YOUR ASSIGNMENT
Every line of the records that holds the word "stopped" should be copied out.

EXERCISE DATA
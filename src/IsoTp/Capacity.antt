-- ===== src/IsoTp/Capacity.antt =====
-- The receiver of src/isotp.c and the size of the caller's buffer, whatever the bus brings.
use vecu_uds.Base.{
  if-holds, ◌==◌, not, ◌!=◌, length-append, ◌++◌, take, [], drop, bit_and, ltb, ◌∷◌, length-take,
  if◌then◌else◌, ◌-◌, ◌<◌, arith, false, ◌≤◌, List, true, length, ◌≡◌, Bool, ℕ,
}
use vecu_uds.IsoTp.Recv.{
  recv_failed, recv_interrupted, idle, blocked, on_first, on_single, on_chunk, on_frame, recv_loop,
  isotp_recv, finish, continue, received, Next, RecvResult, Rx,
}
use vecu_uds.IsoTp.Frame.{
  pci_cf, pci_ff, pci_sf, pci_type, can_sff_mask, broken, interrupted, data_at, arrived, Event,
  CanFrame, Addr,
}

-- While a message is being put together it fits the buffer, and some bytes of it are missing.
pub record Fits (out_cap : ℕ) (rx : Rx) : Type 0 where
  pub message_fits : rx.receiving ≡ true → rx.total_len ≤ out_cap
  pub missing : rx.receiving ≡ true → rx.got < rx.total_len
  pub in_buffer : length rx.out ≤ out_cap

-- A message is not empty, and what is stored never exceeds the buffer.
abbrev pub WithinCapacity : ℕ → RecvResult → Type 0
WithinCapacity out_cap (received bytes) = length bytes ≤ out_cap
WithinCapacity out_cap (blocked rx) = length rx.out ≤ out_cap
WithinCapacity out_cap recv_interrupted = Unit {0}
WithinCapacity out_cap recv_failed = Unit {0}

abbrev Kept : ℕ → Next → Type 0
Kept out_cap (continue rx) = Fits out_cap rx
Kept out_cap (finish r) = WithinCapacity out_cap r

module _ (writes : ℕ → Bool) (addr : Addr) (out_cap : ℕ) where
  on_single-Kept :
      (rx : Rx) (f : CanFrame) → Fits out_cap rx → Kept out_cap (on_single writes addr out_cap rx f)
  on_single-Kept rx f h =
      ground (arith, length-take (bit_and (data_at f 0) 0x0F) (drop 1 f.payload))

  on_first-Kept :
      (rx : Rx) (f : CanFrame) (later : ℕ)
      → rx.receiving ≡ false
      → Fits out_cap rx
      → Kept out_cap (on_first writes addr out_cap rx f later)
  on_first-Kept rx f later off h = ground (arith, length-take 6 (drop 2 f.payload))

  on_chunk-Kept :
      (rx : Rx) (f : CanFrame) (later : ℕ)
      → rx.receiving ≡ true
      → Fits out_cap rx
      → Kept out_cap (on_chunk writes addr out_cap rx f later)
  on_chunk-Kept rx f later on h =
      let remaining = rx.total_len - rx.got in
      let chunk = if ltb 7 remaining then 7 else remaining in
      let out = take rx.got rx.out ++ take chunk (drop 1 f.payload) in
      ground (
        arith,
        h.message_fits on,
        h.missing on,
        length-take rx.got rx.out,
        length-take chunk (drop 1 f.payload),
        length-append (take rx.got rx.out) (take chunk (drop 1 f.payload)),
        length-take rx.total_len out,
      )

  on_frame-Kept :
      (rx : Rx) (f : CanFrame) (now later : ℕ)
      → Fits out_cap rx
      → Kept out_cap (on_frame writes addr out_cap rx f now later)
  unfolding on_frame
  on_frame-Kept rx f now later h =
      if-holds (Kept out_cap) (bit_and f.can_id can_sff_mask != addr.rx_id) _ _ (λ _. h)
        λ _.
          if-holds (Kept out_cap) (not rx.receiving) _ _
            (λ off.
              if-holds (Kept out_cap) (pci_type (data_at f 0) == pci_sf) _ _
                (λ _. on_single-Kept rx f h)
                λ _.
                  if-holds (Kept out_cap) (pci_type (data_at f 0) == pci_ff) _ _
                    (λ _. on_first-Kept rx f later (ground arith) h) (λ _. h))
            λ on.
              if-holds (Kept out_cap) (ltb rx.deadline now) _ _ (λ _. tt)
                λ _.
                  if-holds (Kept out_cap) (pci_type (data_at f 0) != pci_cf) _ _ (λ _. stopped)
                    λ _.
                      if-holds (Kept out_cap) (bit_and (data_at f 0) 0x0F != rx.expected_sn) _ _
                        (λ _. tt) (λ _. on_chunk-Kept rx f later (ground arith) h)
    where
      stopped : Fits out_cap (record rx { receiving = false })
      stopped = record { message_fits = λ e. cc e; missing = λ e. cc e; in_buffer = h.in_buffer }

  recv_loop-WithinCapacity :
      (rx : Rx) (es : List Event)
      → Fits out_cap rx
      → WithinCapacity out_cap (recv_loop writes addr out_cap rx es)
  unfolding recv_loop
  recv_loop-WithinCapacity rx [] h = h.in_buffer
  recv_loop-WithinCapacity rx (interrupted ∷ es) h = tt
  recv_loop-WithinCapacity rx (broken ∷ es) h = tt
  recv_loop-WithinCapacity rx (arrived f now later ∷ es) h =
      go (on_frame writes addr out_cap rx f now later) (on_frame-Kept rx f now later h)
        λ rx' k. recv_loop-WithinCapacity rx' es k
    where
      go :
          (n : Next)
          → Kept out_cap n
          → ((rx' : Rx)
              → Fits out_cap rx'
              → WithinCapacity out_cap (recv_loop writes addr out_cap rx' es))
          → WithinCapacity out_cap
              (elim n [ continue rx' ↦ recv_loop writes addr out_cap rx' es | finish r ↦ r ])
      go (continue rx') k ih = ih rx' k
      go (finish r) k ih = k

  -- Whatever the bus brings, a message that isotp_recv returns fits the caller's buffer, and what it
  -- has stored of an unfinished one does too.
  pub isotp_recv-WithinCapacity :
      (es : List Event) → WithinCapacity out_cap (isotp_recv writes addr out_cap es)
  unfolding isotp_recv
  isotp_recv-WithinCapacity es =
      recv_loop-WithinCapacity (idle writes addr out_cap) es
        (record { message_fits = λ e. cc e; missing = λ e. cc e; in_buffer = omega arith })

TASK ANSWER
                  if-holds (Kept out_cap) (pci_type (data_at f 0) != pci_cf) _ _ (λ _. stopped)
      stopped : Fits out_cap (record rx { receiving = false })
      stopped = record { message_fits = λ e. cc e; missing = λ e. cc e; in_buffer = h.in_buffer }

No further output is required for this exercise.